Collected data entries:
***
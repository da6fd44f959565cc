-- ===== src/Utxo/Creating.antt =====
-- The outputs that blocks create, by the ids that `TxIdMap` of src/db/pg.rs has for their transactions.
use rust_bitcoin_indexer.Base.{
  ℕ, suc, ◌<◌, ◌%◌, ◌≡◌, ◌≢◌, ◌∙◌, refl, List, [], ◌∷◌, ◌++◌, All, arith,
}
use rust_bitcoin_indexer.Base.Outcome.{ok}
use rust_bitcoin_indexer.Types.{BlockHeight, u32_size}
use rust_bitcoin_indexer.Bitcoin.{TxOut, Transaction, BlockData, Network}
use rust_bitcoin_indexer.Utxo.{
  calculate_tx_id_with_workarounds, TxIdMap, tx_id_at, add_tx_ids, tx_ids_onto,
  tx_id_map_from_blocks, from_tx_hash_and_idx, UtxoDetailsMap, insert_utxo, insert_outputs,
  insert_txs, insert_new_utxos_from_blocks, insert_all_utxos,
}

-- The outputs in the order of the blocks.
abbrev pub outputs_of : ℕ → ℕ → List TxOut → UtxoDetailsMap
outputs_of txid idx [] = []
outputs_of txid idx (output ∷ outputs) =
    (from_tx_hash_and_idx txid (idx % u32_size), output.value) ∷ outputs_of txid (suc idx) outputs

module _ (network : Network) where
  abbrev pub created_by_txs : BlockData → List Transaction → UtxoDetailsMap
  created_by_txs block [] = []
  created_by_txs block (tx ∷ txs) =
      outputs_of (calculate_tx_id_with_workarounds block tx network) 0 tx.output
      ++ created_by_txs block txs

  abbrev pub created : List BlockData → UtxoDetailsMap
  created [] = []
  created (block ∷ blocks) = created_by_txs block block.payload.txdata ++ created blocks

-- No two blocks stand at one height.
abbrev pub DistinctHeights : List BlockData → Type 0
DistinctHeights [] = Unit
DistinctHeights (block ∷ blocks) =
    All (λ b. b.height ≢ block.height) blocks × DistinctHeights blocks

-- The map has the ids of a block's transactions, from a position on.
abbrev pub Knows : Network → TxIdMap → BlockData → ℕ → List Transaction → Type 0
Knows network ids block i [] = Unit
Knows network ids block i (tx ∷ txs) =
    (tx_id_at block.height i ids ≡ ok (calculate_tx_id_with_workarounds block tx network))
    × Knows network ids block (suc i) txs

module _ (network : Network) where
  add_tx_ids-other :
      (h : BlockHeight) (j : ℕ) (block : BlockData) (i : ℕ) (txs : List Transaction) (ids : TxIdMap)
      → (block.height ≡ h → j < i)
      → tx_id_at h j (add_tx_ids block network i txs ids) ≡ tx_id_at h j ids
  unfolding add_tx_ids tx_id_at
  add_tx_ids-other h j block i [] ids other = refl
  add_tx_ids-other h j block i (tx ∷ txs) ids other =
      add_tx_ids-other h j block (suc i) txs _ (λ e. omega (arith, other e)) ∙ ground (arith, other)

  add_tx_ids-Knows :
      (block : BlockData) (i : ℕ) (txs : List Transaction) (ids : TxIdMap)
      → Knows network (add_tx_ids block network i txs ids) block i txs
  unfolding add_tx_ids tx_id_at
  add_tx_ids-Knows block i [] ids = tt
  add_tx_ids-Knows block i (tx ∷ txs) ids = (
    add_tx_ids-other block.height i block (suc i) txs _ (λ e. omega arith) ∙ ground arith,
    add_tx_ids-Knows block (suc i) txs _,
  )

  Knows-same :
      (ids ids' : TxIdMap) (block : BlockData) (i : ℕ) (txs : List Transaction)
      → ((j : ℕ) → tx_id_at block.height j ids' ≡ tx_id_at block.height j ids)
      → Knows network ids block i txs
      → Knows network ids' block i txs
  Knows-same ids ids' block i [] same k = tt
  Knows-same ids ids' block i (tx ∷ txs) same k =
      (same i ∙ k.0, Knows-same ids ids' block (suc i) txs same k.1)

  tx_ids_onto-other :
      (h : BlockHeight) (j : ℕ) (blocks : List BlockData) (ids : TxIdMap)
      → All (λ b. b.height ≢ h) blocks
      → tx_id_at h j (tx_ids_onto blocks network ids) ≡ tx_id_at h j ids
  unfolding tx_ids_onto
  tx_ids_onto-other h j [] ids a = refl
  tx_ids_onto-other h j (block ∷ blocks) ids a =
      tx_ids_onto-other h j blocks _ a.1
      ∙ add_tx_ids-other h j block 0 block.payload.txdata ids (λ e. absurd (a.0 e))

  tx_ids_onto-Knows :
      (blocks : List BlockData) (ids : TxIdMap)
      → DistinctHeights blocks
      → All (λ b. Knows network (tx_ids_onto blocks network ids) b 0 b.payload.txdata) blocks
  unfolding tx_ids_onto
  tx_ids_onto-Knows [] ids d = tt
  tx_ids_onto-Knows (block ∷ blocks) ids d = (
    Knows-same (add_tx_ids block network 0 block.payload.txdata ids) _ block 0 block.payload.txdata
        (λ j. tx_ids_onto-other block.height j blocks _ d.0)
        (add_tx_ids-Knows block 0 block.payload.txdata ids),
    tx_ids_onto-Knows blocks _ d.1,
  )

  -- Of blocks at different heights, every transaction's id is in the map.
  pub tx_id_map_from_blocks-Knows :
      (blocks : List BlockData)
      → DistinctHeights blocks
      → All (λ b. Knows network (tx_id_map_from_blocks blocks network) b 0 b.payload.txdata) blocks
  unfolding tx_id_map_from_blocks
  tx_id_map_from_blocks-Knows blocks d = tx_ids_onto-Knows blocks [] d

insert_all-append :
    (xs ys m : UtxoDetailsMap)
    → insert_all_utxos (xs ++ ys) m ≡ insert_all_utxos ys (insert_all_utxos xs m)
unfolding insert_all_utxos
insert_all-append [] ys m = refl
insert_all-append ((p, v) ∷ xs) ys m = insert_all-append xs ys (insert_utxo p v m)

insert_outputs-outputs_of :
    (height : BlockHeight) (tx_i txid : ℕ) (ids : TxIdMap) (idx : ℕ) (outputs : List TxOut)
    (cache : UtxoDetailsMap)
    → tx_id_at height tx_i ids ≡ ok txid
    → insert_outputs height tx_i ids idx outputs cache
      ≡ ok (insert_all_utxos (outputs_of txid idx outputs) cache)
unfolding insert_outputs insert_all_utxos
insert_outputs-outputs_of height tx_i txid ids idx [] cache e = refl
insert_outputs-outputs_of height tx_i txid ids idx (output ∷ outputs) cache e =
    rw e (insert_outputs-outputs_of height tx_i txid ids (suc idx) outputs _ e)

module _ (network : Network) (ids : TxIdMap) where
  insert_txs-created :
      (block : BlockData) (i : ℕ) (txs : List Transaction) (cache : UtxoDetailsMap)
      → Knows network ids block i txs
      → insert_txs block.height ids i txs cache
        ≡ ok (insert_all_utxos (created_by_txs network block txs) cache)
  unfolding insert_txs insert_all_utxos
  insert_txs-created block i [] cache k = refl
  insert_txs-created block i (tx ∷ txs) cache k =
      let txid = calculate_tx_id_with_workarounds block tx network in
      rw
        (
          insert_outputs-outputs_of block.height i txid ids 0 tx.output cache k.0,
          insert_all-append (outputs_of txid 0 tx.output) (created_by_txs network block txs) cache,
        )
        (insert_txs-created block (suc i) txs _ k.1)

  pub insert_new_utxos_from_blocks-created :
      (blocks : List BlockData) (cache : UtxoDetailsMap)
      → All (λ b. Knows network ids b 0 b.payload.txdata) blocks
      → insert_new_utxos_from_blocks blocks ids cache
        ≡ ok (insert_all_utxos (created network blocks) cache)
  unfolding insert_new_utxos_from_blocks insert_all_utxos
  insert_new_utxos_from_blocks-created [] cache k = refl
  insert_new_utxos_from_blocks-created (block ∷ blocks) cache k =
      rw
        (
          insert_txs-created block 0 block.payload.txdata cache k.0,
          insert_all-append (created_by_txs network block block.payload.txdata)
              (created network blocks) cache,
        )
        (insert_new_utxos_from_blocks-created blocks _ k.1)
***
#### Work instructions
In how many lines of the records does the word "BlockHeight" appear? Answer with the number only.

#### Task answer
4